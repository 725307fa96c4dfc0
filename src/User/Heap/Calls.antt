-- ===== src/User/Heap/Calls.antt =====
-- A program's calls of its heap, from the library through the interrupt 0x80 to the heap.
pub mod Sizes
use tomat_os_old.Common.{
  ℕ, ◌≡◌, refl, ◌∙◌, Option, none, some, if◌then◌else◌, Run, done, panic, fault, hang, ◌>>=◌, arith,
}
use tomat_os_old.Kernel.{Registers}
use tomat_os_old.Drivers.Ps2.{Ports}
use tomat_os_old.Boot.Idt.{irq_ack, irq_syscall}
use tomat_os_old.Boot.Isr.{
  RegsHandler, Handlers, syscall_register, syscall_init, kernel_irq_handler,
}
use tomat_os_old.Boot.Isr.Dispatch.{acknowledged}
use tomat_os_old.Memory.Heap.{Heap, get_block, heap_allocate, heap_reallocate, heap_free}
use tomat_os_old.Memory.Heap.Registered.{HeapMachine, heap_ports, heap_register_syscalls}
use tomat_os_old.Memory.Heap.Syscalls.{
  syscall_allocate, syscall_reallocate, syscall_free, syscall_get_ptr_size, syscall_get_used_size,
}
use tomat_os_old.User.Kinds.{
  number, syscall_heap_allocate, syscall_heap_reallocate, syscall_heap_free,
  syscall_heap_get_ptr_size, syscall_heap_get_used_size,
}
use tomat_os_old.User.Trap.{void, word, void_of, word_of, served_by}
use tomat_os_old.User.Heap.{
  tomato_heap_allocate, tomato_heap_reallocate, tomato_heap_free, tomato_heap_get_ptr_size,
  tomato_heap_get_used_size,
}

-- The functions of heap.h, with their arguments.
pub data Call : Type 0 where
  allocate : (size : ℕ) → Call
  reallocate : (ptr size : ℕ) → Call
  free get_ptr_size : (ptr : ℕ) → Call
  get_used_size : Call

-- The library's function; 0 stands for no result.
module _ {S : Type 0} (trap : RegsHandler S) where
  pub heap_library : Call → Registers → S → Run (ℕ × S)
  heap_library (allocate size) regs s = tomato_heap_allocate trap size regs s
  heap_library (reallocate ptr size) regs s = tomato_heap_reallocate trap ptr size regs s
  heap_library (free ptr) regs s = tomato_heap_free trap ptr regs s >>= (λ s. done (0, s))
  heap_library (get_ptr_size ptr) regs s = tomato_heap_get_ptr_size trap ptr regs s
  heap_library get_used_size regs s = tomato_heap_get_used_size trap regs s

-- What a call is for, on the heap of the running process.
module _ (fuel rounds : ℕ) where
  pub on_block : Call → Heap → Run (ℕ × Heap)
  on_block (allocate size) h = heap_allocate fuel rounds h size
  on_block (reallocate ptr size) h = heap_reallocate fuel rounds h ptr size
  on_block (free ptr) h = heap_free fuel h ptr >>= (λ h. done (0, h))
  on_block (get_ptr_size ptr) h =
      let (block, valid) = get_block h ptr in done (if valid then (h.block block).size else 0, h)
  on_block get_used_size h = done (h.used_size, h)

  pub heap_meaning : Call → Option Heap → Run (ℕ × Heap)
  unfolding on_block
  heap_meaning call none = panic
  heap_meaning call (some h) = on_block call h

module _ {D : Type 0} (ports : Ports D) where
  abbrev pub acknowledge : HeapMachine D → HeapMachine D
  acknowledge m = irq_ack (heap_ports ports) irq_syscall m

  answered :
      (r : Run (ℕ × Heap)) (regs : Registers) (m : HeapMachine D)
      → word (
          acknowledged (heap_ports ports) (
            r
            >>= (λ (ptr, h). done (record regs { eax = ptr; int_no = irq_syscall }, h))
            >>= (λ (regs, h). done (regs, record m { heap = some h }))))
        ≡ (r >>= (λ (value, h). done (value, acknowledge (record m { heap = some h }))))
  answered (done (v, h)) regs m = refl
  answered panic regs m = refl
  answered fault regs m = refl
  answered hang regs m = refl

  freed :
      (r : Run Heap) (regs : Registers) (n : ℕ) (m : HeapMachine D)
      → void (
          acknowledged (heap_ports ports) (
            r
            >>= (λ h. done (record regs { eax = n; int_no = irq_syscall }, h))
            >>= (λ (regs, h). done (regs, record m { heap = some h }))))
        ≡ (r
            >>= (λ h. done (0, h))
            >>= (λ (value, h). done (value, acknowledge (record m { heap = some h }))))
  freed (done h) regs n m = refl
  freed panic regs n m = refl
  freed fault regs n m = refl
  freed hang regs n m = refl

module _ {D : Type 0} (ports : Ports D) (fuel rounds : ℕ)
    (syscalls handlers : Handlers (HeapMachine D)) where
  abbrev pub heap_kernel : RegsHandler (HeapMachine D)
  heap_kernel =
      kernel_irq_handler (heap_ports ports)
        (syscall_init (heap_register_syscalls fuel rounds syscalls) handlers)

  called :
      (call : Call) (regs : Registers) (heap : Option Heap) (d : D)
      → (let m : HeapMachine D = record { heap = heap; devices = d } in
          heap_library heap_kernel call regs m ≡ (
            heap_meaning fuel rounds call heap
            >>= (λ (value, h). done (value, acknowledge ports (record m { heap = some h })))))
  unfolding heap_library heap_meaning on_block heap_register_syscalls syscall_register
      syscall_allocate syscall_reallocate syscall_free syscall_get_ptr_size syscall_get_used_size
      tomato_heap_allocate tomato_heap_reallocate tomato_heap_free tomato_heap_get_ptr_size
      tomato_heap_get_used_size
  called (allocate size) regs none d = word_of (
      served_by (heap_ports ports) (heap_register_syscalls fuel rounds syscalls) handlers
        syscall_heap_allocate _ (record regs { ebx = size }) (record { heap = none; devices = d })
        (omega arith) refl)
  called (allocate size) regs (some h) d =
      word_of (
        served_by (heap_ports ports) (heap_register_syscalls fuel rounds syscalls) handlers
          syscall_heap_allocate _ (record regs { ebx = size })
          (record { heap = some h; devices = d }) (omega arith) refl)
      ∙ answered ports (heap_allocate fuel rounds h size)
          (record regs { ebx = size; eax = number syscall_heap_allocate; int_no = irq_syscall })
          (record { heap = some h; devices = d })
  called (reallocate ptr size) regs none d = word_of (
      served_by (heap_ports ports) (heap_register_syscalls fuel rounds syscalls) handlers
        syscall_heap_reallocate _ (record regs { ebx = ptr; ecx = size })
        (record { heap = none; devices = d }) (omega arith) refl)
  called (reallocate ptr size) regs (some h) d =
      word_of (
        served_by (heap_ports ports) (heap_register_syscalls fuel rounds syscalls) handlers
          syscall_heap_reallocate _ (record regs { ebx = ptr; ecx = size })
          (record { heap = some h; devices = d }) (omega arith) refl)
      ∙ answered ports (heap_reallocate fuel rounds h ptr size)
          (record regs {
            ebx = ptr;
            ecx = size;
            eax = number syscall_heap_reallocate;
            int_no = irq_syscall;
          })
          (record { heap = some h; devices = d })
  called (free ptr) regs none d = void_of (
      served_by (heap_ports ports) (heap_register_syscalls fuel rounds syscalls) handlers
        syscall_heap_free _ (record regs { ebx = ptr }) (record { heap = none; devices = d })
        (omega arith) refl)
  called (free ptr) regs (some h) d =
      void_of (
        served_by (heap_ports ports) (heap_register_syscalls fuel rounds syscalls) handlers
          syscall_heap_free _ (record regs { ebx = ptr }) (record { heap = some h; devices = d })
          (omega arith) refl)
      ∙ freed ports (heap_free fuel h ptr) (record regs { ebx = ptr }) (number syscall_heap_free)
          (record { heap = some h; devices = d })
  called (get_ptr_size ptr) regs none d = word_of (
      served_by (heap_ports ports) (heap_register_syscalls fuel rounds syscalls) handlers
        syscall_heap_get_ptr_size _ (record regs { ebx = ptr })
        (record { heap = none; devices = d }) (omega arith) refl)
  called (get_ptr_size ptr) regs (some h) d = word_of (
      served_by (heap_ports ports) (heap_register_syscalls fuel rounds syscalls) handlers
        syscall_heap_get_ptr_size _ (record regs { ebx = ptr })
        (record { heap = some h; devices = d }) (omega arith) refl)
  called get_used_size regs none d = word_of (
      served_by (heap_ports ports) (heap_register_syscalls fuel rounds syscalls) handlers
        syscall_heap_get_used_size _ regs (record { heap = none; devices = d }) (omega arith) refl)
  called get_used_size regs (some h) d = word_of (
      served_by (heap_ports ports) (heap_register_syscalls fuel rounds syscalls) handlers
        syscall_heap_get_used_size _ regs (record { heap = some h; devices = d }) (omega arith)
        refl)

  -- A program that calls a function of heap.h makes the kernel do what the function of heap.c of that
  -- name does on the heap of the running process, with the same arguments and the same result, and the
  -- interrupt is acknowledged; without a running process the kernel panics. The size of what is no
  -- valid pointer is 0.
  pub heap_library_lem :
      (call : Call) (regs : Registers) (m : HeapMachine D)
      → heap_library heap_kernel call regs m ≡ (
          heap_meaning fuel rounds call m.heap
          >>= (λ (value, h). done (value, acknowledge ports (record m { heap = some h }))))
  heap_library_lem call regs m = called call regs m.heap m.devices
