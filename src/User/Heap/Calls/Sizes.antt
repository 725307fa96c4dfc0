-- ===== src/User/Heap/Calls/Sizes.antt =====
-- The size of a block, from `tomato_heap_allocate` to `tomato_heap_get_ptr_size`.
use tomat_os_old.Common.{
  ℕ, suc, ◌+◌, ◌<◌, ◌≡◌, ap, ◌∙◌, false, some, List, ◌∷◌, ◌++◌, All, length, done, ◌>>=◌,
}
use tomat_os_old.Kernel.{Registers}
use tomat_os_old.Drivers.Ps2.{Ports}
use tomat_os_old.Boot.Isr.{Handlers}
use tomat_os_old.Boot.Idt.{irq_ack}
use tomat_os_old.Memory.Heap.{Heap, header_size}
use tomat_os_old.Memory.Heap.Chain.{Cell}
use tomat_os_old.Memory.Heap.Inv.{IsHeap, Unfit}
use tomat_os_old.Memory.Heap.Allocate.{after_split}
use tomat_os_old.Memory.Heap.Registered.{HeapMachine}
use tomat_os_old.Memory.Heap.Syscalls.{heap_allocate-size_at}
use tomat_os_old.User.Heap.{tomato_heap_allocate, tomato_heap_get_ptr_size}
use tomat_os_old.User.Heap.Calls.{
  allocate, get_ptr_size, heap_meaning, on_block, heap_library, heap_library_lem, heap_kernel,
  acknowledge,
}

module _ {D : Type 0} (ports : Ports D) (fuel rounds : ℕ)
    (syscalls handlers : Handlers (HeapMachine D)) where
  -- A program with a well-formed heap, whose first free block with `size` bytes holds more than one
  -- header besides, asks for `size` bytes, and then for the size of the pointer that it gets: both
  -- calls return, the answer is `size`, the second call changes nothing but that the
  -- interrupt is acknowledged, and the heap is well formed. The fuel exceeds the number of blocks.
  pub tomato_heap_get_ptr_size-tomato_heap_allocate :
      {h : Heap} (pre : List Cell) (c : Cell) (post : List Cell) (size : ℕ) (d : D)
      (regs later : Registers)
      → IsHeap h (pre ++ c ∷ post)
      → All (Unfit size) pre
      → c.allocated ≡ false
      → 0 < size
      → size + header_size < c.size
      → length (pre ++ c ∷ post) < fuel
      → (let kernel = heap_kernel ports fuel (suc rounds) syscalls handlers in
          (ptr : ℕ) × (g : Heap) × (d' : D) × (tomato_heap_allocate kernel size regs
              (record { heap = some h; devices = d })
            ≡ done (ptr, record { heap = some g; devices = d' }))
          × (tomato_heap_get_ptr_size kernel ptr later (record { heap = some g; devices = d' })
              ≡ done (size, acknowledge ports (record { heap = some g; devices = d' })))
          × IsHeap g (after_split pre c post size))
  unfolding heap_library heap_meaning on_block irq_ack
  tomato_heap_get_ptr_size-tomato_heap_allocate {h} pre c post size d regs later v unfit is_free pos
        fits room =
      let ((ptr, g), run, same, w) =
        heap_allocate-size_at fuel rounds pre c post size v unfit is_free pos fits room in
      let m : HeapMachine D = record { heap = some h; devices = d } in
      let m' = acknowledge ports (record m { heap = some g }) in
      (
        ptr,
        g,
        m'.devices,
        heap_library_lem ports fuel (suc rounds) syscalls handlers (allocate size) regs m
            ∙ ap
                (λ r.
                  r
                  >>= (λ (value, h). done (value, acknowledge ports (record m { heap = some h }))))
                run,
        heap_library_lem ports fuel (suc rounds) syscalls handlers (get_ptr_size ptr) later m'
            ∙ ap (λ n. done (n, acknowledge ports m')) same,
        w,
      )
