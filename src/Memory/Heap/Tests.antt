-- ===== src/Memory/Heap/Tests.antt =====
-- Runs of the heap.
use tomat_os_old.Common.{
  Run, none, some, ◌<◌, ◌≤◌, ℕ, ◌+◌, arith, ◌≡◌, refl, true, false, [], ◌∷◌, done, panic, ◌>>=◌,
}
use tomat_os_old.Kernel.{Registers}
use tomat_os_old.Klibc.Stdlib.{calloc}
use tomat_os_old.Klibc.Stdlib.Calloc.{calloc-lost}
use tomat_os_old.Memory.Heap.First.{Roomy}
use tomat_os_old.Drivers.Ps2.{Ports}
use tomat_os_old.Boot.Isr.{Handlers}
use tomat_os_old.Memory.Heap.Registered.{HeapMachine}
use tomat_os_old.User.Heap.{tomato_heap_allocate, tomato_heap_get_ptr_size}
use tomat_os_old.User.Heap.Calls.{heap_kernel, acknowledge}
use tomat_os_old.User.Heap.Calls.Sizes.{tomato_heap_get_ptr_size-tomato_heap_allocate}
use tomat_os_old.Memory.Heap.Chain.{cell, end_of}
use tomat_os_old.Memory.Heap.Inv.{IsHeap, heap_create-IsHeap}
use tomat_os_old.Memory.Heap.Allocate.{after_split, heap_allocate-first_fit}
use tomat_os_old.Memory.Heap.Free.{coalesce}
use tomat_os_old.Memory.Heap.Release.{heap_free-coalesce}
use tomat_os_old.Memory.Heap.RoundTrip.{heap_free-heap_allocate}
use tomat_os_old.Memory.Heap.Edge.{heap_allocate-panic}
use tomat_os_old.Memory.Heap.{
  header_size, Heap, heap_create, heap_allocate, heap_free, get_next_free_block, get_next_block,
  get_block, is_valid, split_block, divide_block, link_next, take_block, place, find_block, expand,
  expand_loop, merge_empty_blocks, merge_next, relink, absorb_next,
}

abbrev raw : Heap
raw = record {
  has_pd = true;
  size = 0;
  used_size = 0;
  top_block = 0;
  start = 0;
  first_free = 0;
  block = λ _. record { allocated = false; before = 0; size = 0; magic = 0 };
  byte = λ _. 0;
  mapped = [];
}

two_blocks : Run (ℕ × ℕ × ℕ × ℕ × ℕ)
unfolding heap_create heap_allocate heap_free get_next_free_block get_next_block get_block is_valid
    split_block divide_block link_next take_block place find_block expand expand_loop
    merge_empty_blocks merge_next relink absorb_next
two_blocks = heap_allocate 10 2 (heap_create raw 4096) 100 >>= λ (p, h).
    heap_allocate 10 2 h 200 >>= λ (q, h).
    heap_free 10 h p >>= λ h. done (p, q, h.first_free, h.used_size, h.top_block)

two_blocks_lem : two_blocks ≡ done (4112, 4228, 4096, 248, 4428)
unfolding two_blocks
two_blocks_lem = refl

-- An exact fit panics.
exact_fit : heap_allocate 10 2 (heap_create raw 4096) 4064 ≡ panic
unfolding heap_create heap_allocate heap_free get_next_free_block get_next_block get_block is_valid
    split_block divide_block link_next take_block place find_block expand expand_loop
    merge_empty_blocks merge_next relink absorb_next
exact_fit = refl

raw-IsHeap : IsHeap (heap_create raw 4096) (cell false 4080 ∷ [])
raw-IsHeap = (heap_create-IsHeap raw 4096 refl (omega arith) (omega arith)).0

heap_allocate_example :
    (h' : Heap) × (heap_allocate 2 1 (heap_create raw 4096) 100
      ≡ done (end_of (heap_create raw 4096).start [] + header_size, h'))
    × IsHeap h' (after_split [] (cell false 4080) [] 100)
    × (h'.start ≡ (heap_create raw 4096).start)
    × (h'.mapped ≡ (heap_create raw 4096).mapped)
heap_allocate_example =
    heap_allocate-first_fit 2 0 [] (cell false 4080) [] 100 raw-IsHeap (record {}) refl
      (omega arith) (omega arith) (omega arith)

round_trip_example :
    (h' : Heap) × ((heap_allocate 2 1 (heap_create raw 4096) 100 >>= λ (ptr, g). heap_free 2 g ptr)
      ≡ done h')
    × IsHeap h' (cell false 4080 ∷ [])
    × (h'.start ≡ (heap_create raw 4096).start)
    × (h'.mapped ≡ (heap_create raw 4096).mapped)
round_trip_example =
    heap_free-heap_allocate 0 0 [] (cell false 4080) [] 100 raw-IsHeap (record {}) refl
      (omega arith) (omega arith) (omega arith)

-- The heap with one block of 100 bytes taken.
abbrev used : Heap
used =
    (heap_allocate-first_fit 2 0 [] (cell false 4080) [] 100 raw-IsHeap (record {}) refl
      (omega arith) (omega arith) (omega arith)).0

used-IsHeap : IsHeap used (cell true 100 ∷ cell false 3964 ∷ [])
used-IsHeap =
    (heap_allocate-first_fit 2 0 [] (cell false 4080) [] 100 raw-IsHeap (record {}) refl
      (omega arith) (omega arith) (omega arith)).2

heap_free_example :
    (h' : Heap) × (heap_free 2 used (end_of used.start [] + header_size) ≡ done h')
    × IsHeap h' (coalesce [] (cell true 100) (cell false 3964 ∷ []))
    × (h'.start ≡ used.start)
    × (h'.mapped ≡ used.mapped)
heap_free_example = heap_free-coalesce 0 [] (cell true 100) (cell false 3964 ∷ []) used-IsHeap refl

panic_example : heap_allocate 3 1 used 3948 ≡ panic
panic_example =
    heap_allocate-panic 3 0 (cell true 100 ∷ []) (cell false 3964) [] 3948 used-IsHeap
      (refl, record {}) refl refl (omega arith) refl (omega arith) (omega arith)

-- The devices count the writes to ports.
abbrev ports : Ports ℕ
ports = record { inb = λ port s. (0, s); outb = λ port value s. s + 1 }

abbrev regs : Registers
regs = record {
  ds = 0;
  edi = 0;
  esi = 0;
  ebp = 0;
  esp = 0;
  ebx = 0;
  edx = 0;
  ecx = 0;
  eax = 0;
  int_no = 0;
  code = 0;
  eip = 0;
  cs = 0;
  eflags = 0;
  useresp = 0;
  ss = 0;
}

abbrev no_handlers : Handlers (HeapMachine ℕ)
no_handlers i = none

ptr_size_example :
    (let kernel = heap_kernel ports 2 1 no_handlers no_handlers in
      (ptr : ℕ) × (g : Heap) × (d' : ℕ) × (tomato_heap_allocate kernel 100 regs
          (record { heap = some (heap_create raw 4096); devices = 0 })
        ≡ done (ptr, record { heap = some g; devices = d' }))
      × (tomato_heap_get_ptr_size kernel ptr regs (record { heap = some g; devices = d' })
          ≡ done (100, acknowledge ports (record { heap = some g; devices = d' })))
      × IsHeap g (after_split [] (cell false 4080) [] 100))
ptr_size_example =
    tomato_heap_get_ptr_size-tomato_heap_allocate ports 2 0 no_handlers no_handlers []
      (cell false 4080) [] 100 0 regs regs raw-IsHeap tt refl (omega arith) (omega arith)
      (omega arith)

-- The kernel's heap of 45 MB, as it is made.
abbrev kernel_heap : Heap
kernel_heap = heap_create (record raw { has_pd = false }) 0x400000

kernel_heap-Roomy : Roomy kernel_heap 100
unfolding heap_create
kernel_heap-Roomy = record {
  is_free = refl;
  some_bytes = omega arith;
  room = omega arith;
  extent = omega arith;
}

calloc_example :
    (h' : Heap) × (calloc 1 1 10 10 kernel_heap ≡ done (0, h'))
    × ((h'.block kernel_heap.first_free).allocated ≡ true)
    × ((h'.block kernel_heap.first_free).size ≡ 100)
    × ((j : ℕ)
        → kernel_heap.first_free + header_size ≤ j
        → j < kernel_heap.first_free + header_size + 100
        → h'.byte j ≡ 0)
calloc_example = calloc-lost 0 0 10 10 kernel_heap kernel_heap-Roomy
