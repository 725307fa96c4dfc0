-- ===== src/User.antt =====
-- TomatLib/tomato: the library of the programs.
pub mod Kinds
pub mod Trap
pub mod Kernel
pub mod Term
pub mod Windows
pub mod Os
pub mod Heap
mod Tests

◇ ◇ ◇ ◇ ◇ ◇ ◇

--- PROBLEM STATEMENT ---
In the records, which lines use the word "else"? Report them.

--- SOLUTION TO THIS EXERCISE ---
  ℕ, ◌≡◌, refl, ◌∙◌, Option, none, some, if◌then◌else◌, Run, done, panic, fault, hang, ◌>>=◌, arith,
      let (block, valid) = get_block h ptr in done (if valid then (h.block block).size else 0, h)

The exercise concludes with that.